The fundamental concept in FRS is a replica set, which consists of two or more systems that replicate between themselves the contents of a directory tree according to an administratively defined schedule and topology. Only directories on NTFS volumes can be replicated because FRS relies on the NTFS change journal to detect changes to files in directories in a replica set. Because FRS is based on multimaster replication, it can theoretically support hundreds or even thousands of systems as part of a replica set, and the computers of a replica set can be connected with arbitrary network topologies (such as ring, star, or mesh). Computers can also be members of multiple replica sets.

FRS is implemented as a Windows service (\Windows\System32\Ntfrs.exe) that uses authenticated RPC with encryption to communicate between instances of itself running on different computers. In addition, because Active Directory contains its own replication capabilities, FRS uses Active Directory APIs to retrieve FRS configuration information from a domain's Active Directory.

Distributed File System

Distributed File System (DFS) is a service that layers on top of the Workstation service to connect together file shares into a single namespace. The file shares can reside on the same computer or on different computers, and DFS provides client access to the resources in a location-transparent manner. The root of a DFS namespace must be a file share defined on a Windows server.

In addition to delivering a unified network-resource namespace, DFS provides other benefits through DFS replica sets.

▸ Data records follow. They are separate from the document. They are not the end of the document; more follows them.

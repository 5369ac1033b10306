-- ===== src/Rule/Cluster/Served.antt =====
-- The sets that RuleRouterCluster::CalculateSubset of polaris/plugin/service_router/rule_router.cpp
-- leaves at the highest priority.
use polaris_cpp.Base.{
  ℕ, Bool, true, false, Option, none, some, List, [], ◌∷◌, ◌||◌, ◌≡◌, refl, inl, inr, Bool-cases,
  Option-cases, String, All, All-append,
}
use polaris_cpp.CircuitBreaker.Status.{CircuitBreakerStatus}
use polaris_cpp.Rule.Destination.{RuleRouterSet}
use polaris_cpp.Rule.RouteRule.{Data}
use polaris_cpp.Rule.Cluster.{
  Rates, SetCircuitBreakerUnhealthyInfo, set_status, get_set_breaker_info, takes_over,
  down_grade_in, down_grade_loop, get_down_grade_subset, push_highest, serve_half_open, share_loop,
}

-- The sets of the highest priority, from which the rest of the code chooses.
abbrev pub served : Data → List RuleRouterSet
served [] = []
served ((p, sets) ∷ data_) = sets

module _ {F : Type 0} (circuit_breaker_sets : List (String × SetCircuitBreakerUnhealthyInfo F))
    (labels : String) where
  abbrev pub status : RuleRouterSet → CircuitBreakerStatus
  status = set_status circuit_breaker_sets labels

  -- Some set of a cluster, or of any priority, takes over.
  abbrev pub some_takes_over : List RuleRouterSet → Bool
  some_takes_over [] = false
  some_takes_over (set ∷ sets) = takes_over circuit_breaker_sets labels set || some_takes_over sets

  abbrev pub any_takes_over : Data → Bool
  any_takes_over [] = false
  any_takes_over ((p, sets) ∷ data_) = some_takes_over sets || any_takes_over data_

  -- The set that is found, if any, takes over.
  abbrev Taken : {A : Type 0} → Option (RuleRouterSet × A) → Type 0
  Taken none = Unit {0}
  Taken (some (set, a)) = takes_over circuit_breaker_sets labels set ≡ true

  taken_map :
      {A B : Type 0} (f : A → B) (o : Option (RuleRouterSet × A))
      → Taken o
      → Taken {A = B} (elim o [ none ↦ none | some (s, a) ↦ some (s, f a) ])
  taken_map f none t = tt
  taken_map f (some (s, a)) t = t

  down_grade_in-Taken :
      (sets : List RuleRouterSet) → Taken (down_grade_in circuit_breaker_sets labels sets)
  unfolding down_grade_in
  down_grade_in-Taken [] = tt
  down_grade_in-Taken (s ∷ sets) = elim (Bool-cases (takes_over circuit_breaker_sets labels s)) [
    | inl e ↦ rw (down_grade_in, e) e
    | inr e ↦
        rw (down_grade_in, e)
          (taken_map (λ ss. s ∷ ss) (down_grade_in circuit_breaker_sets labels sets)
            (down_grade_in-Taken sets))
  ]

  down_grade_loop-Taken : (data_ : Data) → Taken (down_grade_loop circuit_breaker_sets labels data_)
  unfolding down_grade_loop
  down_grade_loop-Taken [] = tt
  down_grade_loop-Taken ((p, sets) ∷ data_) =
      let t = down_grade_in-Taken sets in
      elim (Option-cases (down_grade_in circuit_breaker_sets labels sets)) [
        | inr (found, e) ↦ rw (down_grade_loop, e) (rw e at t)
        | inl e ↦
            rw (down_grade_loop, e)
              (taken_map (λ d. (p, sets) ∷ d) (down_grade_loop circuit_breaker_sets labels data_)
                (down_grade_loop-Taken data_))
      ]

  -- GetDownGradeSubset finds none, or a set that takes over; the highest priority stays as it is.
  abbrev DownGraded : Data → Option (RuleRouterSet × Data) → Type 0
  DownGraded data_ none = Unit {0}
  DownGraded data_ (some (set, d)) =
      (takes_over circuit_breaker_sets labels set ≡ true) × (served d ≡ served data_)

  down_graded :
      (first : ℕ × List RuleRouterSet) (data_ : Data) (o : Option (RuleRouterSet × Data))
      → Taken o
      → DownGraded (first ∷ data_) (elim o [ none ↦ none | some (s, d) ↦ some (s, first ∷ d) ])
  down_graded (p, sets) data_ none t = tt
  down_graded (p, sets) data_ (some (s, d)) t = (t, refl)

  get_down_grade_subset-DownGraded :
      (data_ : Data) → DownGraded data_ (get_down_grade_subset circuit_breaker_sets labels data_)
  unfolding get_down_grade_subset
  get_down_grade_subset-DownGraded [] = tt
  get_down_grade_subset-DownGraded (first ∷ data_) =
      down_graded first data_ (down_grade_loop circuit_breaker_sets labels data_)
        (down_grade_loop-Taken data_)

  -- A property of sets that does not look at the weight.
  module _ (rates : Rates F) (P : RuleRouterSet → Type 0)
      (weight_free : (set : RuleRouterSet) (w : ℕ) → P set → P (record set { weight_ = w }))
      (taken : (set : RuleRouterSet)
        → takes_over circuit_breaker_sets labels set ≡ true
        → P set) where
    push_highest-All :
        (set : RuleRouterSet) (data_ : Data)
        → P set
        → All P (served data_)
        → All P (served (push_highest set data_))
    push_highest-All set [] p a = tt
    push_highest-All set ((q, sets) ∷ data_) p a = All-append P sets (set ∷ []) a (p, tt)

    serve_half_open-All :
        (set : RuleRouterSet) (data_ : Data)
        → P set
        → All P (served data_)
        → All P (served (serve_half_open circuit_breaker_sets labels rates set data_))
    unfolding serve_half_open
    serve_half_open-All set data_ p a =
        let g = get_down_grade_subset-DownGraded data_ in
        elim (Option-cases (get_down_grade_subset circuit_breaker_sets labels data_)) [
          | inl e ↦ rw (serve_half_open, e) (push_highest-All set data_ p a)
          | inr ((down, d), e) ↦
              let h : DownGraded data_ (some (down, d)) = rw e at g in
              let rate : F = elim (get_set_breaker_info circuit_breaker_sets labels set) [
                | none ↦ rates.one
                | some info ↦ info.half_open_release_percent
              ] in
              let own = rates.passed set.weight_ rate in
              let other = rates.held down.weight_ rate in
              rw (serve_half_open, e)
                (push_highest-All (record down { weight_ = other })
                  (push_highest (record set { weight_ = own }) d)
                  (weight_free down other (taken down h.0))
                  (push_highest-All (record set { weight_ = own }) d (weight_free set own p)
                    (rw h.1 a)))
        ]

    pub share_loop-All :
        (sets : List RuleRouterSet) (data_ : Data)
        → All P sets
        → All P (served data_)
        → All P (served (share_loop circuit_breaker_sets labels rates sets data_))
    unfolding share_loop
    share_loop-All [] data_ h a = a
    share_loop-All (set ∷ sets) data_ (p, h) a =
        share_loop-All sets (serve_half_open circuit_breaker_sets labels rates set data_) h
          (serve_half_open-All set data_ p a)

An administrator can a create DFS replica set from two or more shares and use a replication mechanism such as FRS to copy data between the shares of a replica set to keep their contents synchronized. DFS provides several forms of load balancing by ordering and/or selecting members of a replica set to fulfill a client request for data on the replica set. In addition, DFS achieves high availability by routing requests to the working member or members of a replica set when a member becomes unavailable.

The components that make up the DFS architecture are shown in Figure 13-26. The serverside implementation of DFS consists of a Windows service (\Windows\System32\ Dfssvc.exe) and a device driver (\Windows\System32\Drivers\Dfs.sys). The DFS service is responsible for exporting DFS topology management interfaces and maintaining the DFS topology in either the registry (on non Active Directory systems) or Active Directory. The DFS driver performs topology lookups when it receives a client request so that it can direct the client to the system where the file it is requesting resides.

Figure 13-26. DFS components

On the client side, DFS support is implemented in the MUP driver, described earlier, and uses the CIFS redirector for its internal communication with DFS servers. The DFS client provider is implemented in \Windows\System32\Ntlanman.dll. When a client issues a file I/O request that specifies a file in the DFS namespace, the MUP driver on the client communicates with target file server by using the appropriate redirector.